Start of LISTED ENTRIES

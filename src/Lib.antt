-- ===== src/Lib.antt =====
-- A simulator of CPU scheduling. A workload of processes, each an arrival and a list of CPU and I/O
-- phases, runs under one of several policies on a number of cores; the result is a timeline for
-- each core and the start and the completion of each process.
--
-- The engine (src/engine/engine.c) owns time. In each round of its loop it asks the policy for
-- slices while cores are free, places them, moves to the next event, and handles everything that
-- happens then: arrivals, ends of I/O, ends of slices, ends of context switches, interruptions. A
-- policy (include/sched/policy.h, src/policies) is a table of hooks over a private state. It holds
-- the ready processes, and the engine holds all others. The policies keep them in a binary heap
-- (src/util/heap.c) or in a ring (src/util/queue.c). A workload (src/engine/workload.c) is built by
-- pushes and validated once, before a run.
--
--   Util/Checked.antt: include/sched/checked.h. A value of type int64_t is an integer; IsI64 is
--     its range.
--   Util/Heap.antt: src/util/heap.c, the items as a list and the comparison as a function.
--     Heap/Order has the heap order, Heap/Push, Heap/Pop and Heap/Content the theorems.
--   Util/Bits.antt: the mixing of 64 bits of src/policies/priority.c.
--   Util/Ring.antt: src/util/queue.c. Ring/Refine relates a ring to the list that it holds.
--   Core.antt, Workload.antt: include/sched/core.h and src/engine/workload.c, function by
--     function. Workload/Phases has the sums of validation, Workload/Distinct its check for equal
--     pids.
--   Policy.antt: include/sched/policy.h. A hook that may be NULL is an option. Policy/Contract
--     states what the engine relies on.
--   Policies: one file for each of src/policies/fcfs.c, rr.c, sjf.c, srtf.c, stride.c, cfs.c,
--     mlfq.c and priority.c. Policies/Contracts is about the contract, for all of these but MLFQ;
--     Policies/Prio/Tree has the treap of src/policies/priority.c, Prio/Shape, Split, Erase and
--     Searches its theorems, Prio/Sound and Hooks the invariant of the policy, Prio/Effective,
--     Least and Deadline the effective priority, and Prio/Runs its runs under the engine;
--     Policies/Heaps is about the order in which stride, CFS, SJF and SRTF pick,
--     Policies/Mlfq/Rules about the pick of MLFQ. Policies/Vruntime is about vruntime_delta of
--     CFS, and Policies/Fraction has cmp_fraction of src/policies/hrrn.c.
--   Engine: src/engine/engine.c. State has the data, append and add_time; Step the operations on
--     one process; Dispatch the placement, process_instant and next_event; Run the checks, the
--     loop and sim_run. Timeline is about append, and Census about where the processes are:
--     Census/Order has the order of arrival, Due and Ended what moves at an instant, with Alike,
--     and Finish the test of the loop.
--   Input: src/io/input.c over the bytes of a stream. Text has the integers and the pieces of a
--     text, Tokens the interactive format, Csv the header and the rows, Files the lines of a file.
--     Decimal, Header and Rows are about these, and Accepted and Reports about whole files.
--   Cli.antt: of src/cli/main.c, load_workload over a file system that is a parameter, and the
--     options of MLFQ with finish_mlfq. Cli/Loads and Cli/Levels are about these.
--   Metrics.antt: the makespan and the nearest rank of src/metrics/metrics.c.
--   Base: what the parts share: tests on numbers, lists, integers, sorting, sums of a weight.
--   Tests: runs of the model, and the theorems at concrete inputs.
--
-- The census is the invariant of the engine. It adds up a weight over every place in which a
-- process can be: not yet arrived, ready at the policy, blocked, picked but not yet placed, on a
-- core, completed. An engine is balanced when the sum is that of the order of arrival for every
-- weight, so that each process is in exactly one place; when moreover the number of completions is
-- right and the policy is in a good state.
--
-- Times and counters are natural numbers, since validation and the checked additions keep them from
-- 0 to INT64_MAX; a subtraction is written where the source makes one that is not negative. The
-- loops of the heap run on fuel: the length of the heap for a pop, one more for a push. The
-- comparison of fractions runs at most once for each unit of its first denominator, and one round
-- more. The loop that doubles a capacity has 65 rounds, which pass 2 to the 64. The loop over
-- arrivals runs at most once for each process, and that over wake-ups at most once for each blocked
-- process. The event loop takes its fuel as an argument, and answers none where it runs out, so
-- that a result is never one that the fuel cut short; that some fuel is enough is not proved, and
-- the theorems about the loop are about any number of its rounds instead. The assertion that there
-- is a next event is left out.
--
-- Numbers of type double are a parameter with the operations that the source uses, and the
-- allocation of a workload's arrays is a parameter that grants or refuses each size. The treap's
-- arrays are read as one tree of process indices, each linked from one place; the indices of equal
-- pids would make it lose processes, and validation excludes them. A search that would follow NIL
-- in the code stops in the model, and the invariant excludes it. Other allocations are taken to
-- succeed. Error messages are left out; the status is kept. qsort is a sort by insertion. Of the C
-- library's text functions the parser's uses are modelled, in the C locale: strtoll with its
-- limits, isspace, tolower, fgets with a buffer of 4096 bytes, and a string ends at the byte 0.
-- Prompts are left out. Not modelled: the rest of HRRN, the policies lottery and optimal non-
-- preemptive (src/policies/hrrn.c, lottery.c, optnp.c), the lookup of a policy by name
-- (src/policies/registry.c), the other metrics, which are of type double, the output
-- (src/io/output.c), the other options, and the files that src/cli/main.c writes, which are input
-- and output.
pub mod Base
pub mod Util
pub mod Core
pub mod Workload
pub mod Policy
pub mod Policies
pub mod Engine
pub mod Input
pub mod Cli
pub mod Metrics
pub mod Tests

End of LISTED ENTRIES

**WHAT TO PRODUCE:**
The required output is the exact run of lines from the beginning of the records to the line with "Split, Erase and", that line included.

**TASK OUTPUT:**
filename src/Lib.antt
-- ===== src/Lib.antt =====
-- A simulator of CPU scheduling. A workload of processes, each an arrival and a list of CPU and I/O
-- phases, runs under one of several policies on a number of cores; the result is a timeline for
-- each core and the start and the completion of each process.
--
-- The engine (src/engine/engine.c) owns time. In each round of its loop it asks the policy for
-- slices while cores are free, places them, moves to the next event, and handles everything that
-- happens then: arrivals, ends of I/O, ends of slices, ends of context switches, interruptions. A
-- policy (include/sched/policy.h, src/policies) is a table of hooks over a private state. It holds
-- the ready processes, and the engine holds all others. The policies keep them in a binary heap
-- (src/util/heap.c) or in a ring (src/util/queue.c). A workload (src/engine/workload.c) is built by
-- pushes and validated once, before a run.
--
--   Util/Checked.antt: include/sched/checked.h. A value of type int64_t is an integer; IsI64 is
--     its range.
--   Util/Heap.antt: src/util/heap.c, the items as a list and the comparison as a function.
--     Heap/Order has the heap order, Heap/Push, Heap/Pop and Heap/Content the theorems.
--   Util/Bits.antt: the mixing of 64 bits of src/policies/priority.c.
--   Util/Ring.antt: src/util/queue.c. Ring/Refine relates a ring to the list that it holds.
--   Core.antt, Workload.antt: include/sched/core.h and src/engine/workload.c, function by
--     function. Workload/Phases has the sums of validation, Workload/Distinct its check for equal
--     pids.
--   Policy.antt: include/sched/policy.h. A hook that may be NULL is an option. Policy/Contract
--     states what the engine relies on.
--   Policies: one file for each of src/policies/fcfs.c, rr.c, sjf.c, srtf.c, stride.c, cfs.c,
--     mlfq.c and priority.c. Policies/Contracts is about the contract, for all of these but MLFQ;
--     Policies/Prio/Tree has the treap of src/policies/priority.c, Prio/Shape, Split, Erase and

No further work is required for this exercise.